瞬間。虎之助の長身が宙を躍った。長く逞しい腕の先に狙いをつけられた三尺四寸の竹刀は雷光のように精一郎の喉へ飛んだ。が、それは目的を達しようとした寸前。不意に横から寄ってきた精一郎の竹刀にかわされて空を切った。勢い余った虎之助の宙へ伸びきった全身は、またも身動きならない重圧へ落ちた。彼の右肩はまたも精一郎の竹刀に捕らえられたのである。
「い、いま一本」
虎之助は悲痛な叫びをあげた。飽くことのなかった闘魂が今色あせた。虚しさと哀しさとに変わってゆくのを虎之助は初めて知らされたのである。
「今度、敗れればそれまで」
潔く負けを認め入門を乞うしか道はない。が彼にとってそれは耐え難い屈辱であった。
(案山子のごとき棒振り剣術に・・・)
全身を防具に覆い、安全を第一に考え、闘志さえあるのかないのか。のっそり突っ立っている相手に為す術もなく敗れ、明日から教えを乞うというのか。
(俺にはできぬ)
覚悟を決めた虎之助。曽て幾十度か、相手を床に這わしてきた竹刀を祈るように握りしめる。心中。死を覚悟をして構えようとしたその時。
(猫・・・)
張り裂けるような静けさの一体どこで猫が啼いたのか。研ぎ澄まされた緊張のただ中にぎくりとした虎之助。思わず相手から瞳をそらして確かに啼き声の聞こえたと思った方を見た。
(窓)
青竹を植えた道場の窓に、一匹の黒猫が載っている。琥珀色の瞳がじっと虎之助を見つめている。
(なぜ猫が、あんなところに・・・)
とっさに精一郎を向いた彼は、呆然と立ち尽くした。面金の中の精一郎の細い眼が今はいっぱいに開かれて、窓に注がれていたからである。
(馬鹿な、猫ごときに・・・)
が、どんなことにも心中を明かさないであろう精一郎の温和な瞳が今、驚きの色をあらわに黒猫の窓に注がれている。虎之助の存在すら忘れたようにあらぬ彼方に向けられた精一郎の視線の先を、思わず虎之助は辿った。彼はその時、窓枠に載った黒猫の向こうに、ちらと人影のかすめるのを見たのである。同時に猫は長い指と大きな手のひらとに抱き取られて、一瞬に姿を消した。
「ち、千々和・・・」
なかば開かれた精一郎の唇から、声にならない呟きが洩れるのを虎之助は聞いた。
(一体どうしたというのだ。まるで天外へ魂を飛ばしてしまったような顔をして・・・)
相手の意識が今、全くおのれに向いていないのに苛立った虎之助。
「参る」
叫ぶや、両手に握った竹刀を構えだけ、身じろぎもしない相手の頭上に猛然と振り下ろした。
「あっ」
危うく身を避けたが受けようとした精一郎の竹刀を先から滑っていった。虎之助の竹刀はしたたかに小手を打ち据えた。
「まいった」
辛うじてとびさがる。

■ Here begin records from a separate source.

-- ===== src/Collect/Scan/Names.antt =====
-- internal/collect/scan.go: the keys of deliveries, by the batches they name.
use Prim.Native.Char.{code}
use Prim.Native.String.{◌++◌ as append, char_at}
use Prim.Native.String.append.{cons}
use omni_token.Prelude.{
  ℕ, String, Option, none, some, List, ◌≡◌, sym, ap, ◌∙◌, Any, of_some, decimal,
}
use omni_token.Model.Event.{Event}
use omni_token.Model.Snapshot.{QuotaSnapshot}
use omni_token.Collect.Scan.{logical_delivery_key, keyed}

abbrev pub first : String → ℕ
first String.[] = 0
first (String.◌∷◌ c s) = code c

-- Keys of events and keys of quotas start differently.
first_events : (s : String) → first (append "events" s) ≡ b'e'
first_events s = λ j. first (cons (char_at "events" 0) "vents" s j)

first_quotas : (s : String) → first (append "quotas" s) ≡ b'q'
first_quotas s = λ j. first (cons (char_at "quotas" 0) "uotas" s j)

first-events : (i : ℕ) (d : String) → first (logical_delivery_key "events" i d) ≡ b'e'
unfolding logical_delivery_key
first-events i d = first_events (append ":" (append (decimal i) (append ":" d)))

first-quotas : (i : ℕ) (d : String) → first (logical_delivery_key "quotas" i d) ≡ b'q'
unfolding logical_delivery_key
first-quotas i d = first_quotas (append ":" (append (decimal i) (append ":" d)))

pub keyed-events_first :
    (i : ℕ) (o : Option String) (key : String) → keyed "events" i o ≡ some key → first key ≡ b'e'
keyed-events_first i none key h = cc
keyed-events_first i (some d) key h = ap first (sym (of_some h)) ∙ first-events i d

pub keyed-quotas_first :
    (i : ℕ) (o : Option String) (key : String) → keyed "quotas" i o ≡ some key → first key ≡ b'q'
keyed-quotas_first i none key h = cc
keyed-quotas_first i (some d) key h = ap first (sym (of_some h)) ∙ first-quotas i d

module _ (events_digest : List Event → Option String)
    (quotas_digest : List QuotaSnapshot → Option String) where
  -- Some accepted batch has the key.
  abbrev pub EventNamed : List (List Event) → String → Type 0
  EventNamed accepted key =
      Any (λ es. (i : ℕ) × (keyed "events" i (events_digest es) ≡ some key)) accepted

  abbrev pub QuotaNamed : List (List QuotaSnapshot) → String → Type 0
  QuotaNamed accepted key = Any (λ qs. keyed "quotas" 0 (quotas_digest qs) ≡ some key) accepted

肩で息をしている。左手に竹刀を納め、苦しいのか右手で面金をむしり取った。したたり落ちる汗が内心の揺れをあらわにしている。それを笑顔で繕って丁寧に一礼し、
「いや。 良い励みになりました。 かたじけのうござった」
そのまま入って来たとと同じ所をまっしぐらに廊下へ消えてしまった。
(いったい何がどうしたのだ)

  ぼんやり道場を出てきた虎之助。雲を踏む足取りで、神田川のほとりを歩いている。(あの窓の向こうの人影・・・)
何者だったのか精一郎の動揺はただ事ではなかった。
(それにしても・・・)
今日の立ち合いは一体何だというのだ。確かに虎之助、 形の上で敗れている。が、心から屈したのではない。あの男谷精一郎が自分に勝る技量を持っているとは到底考えられない。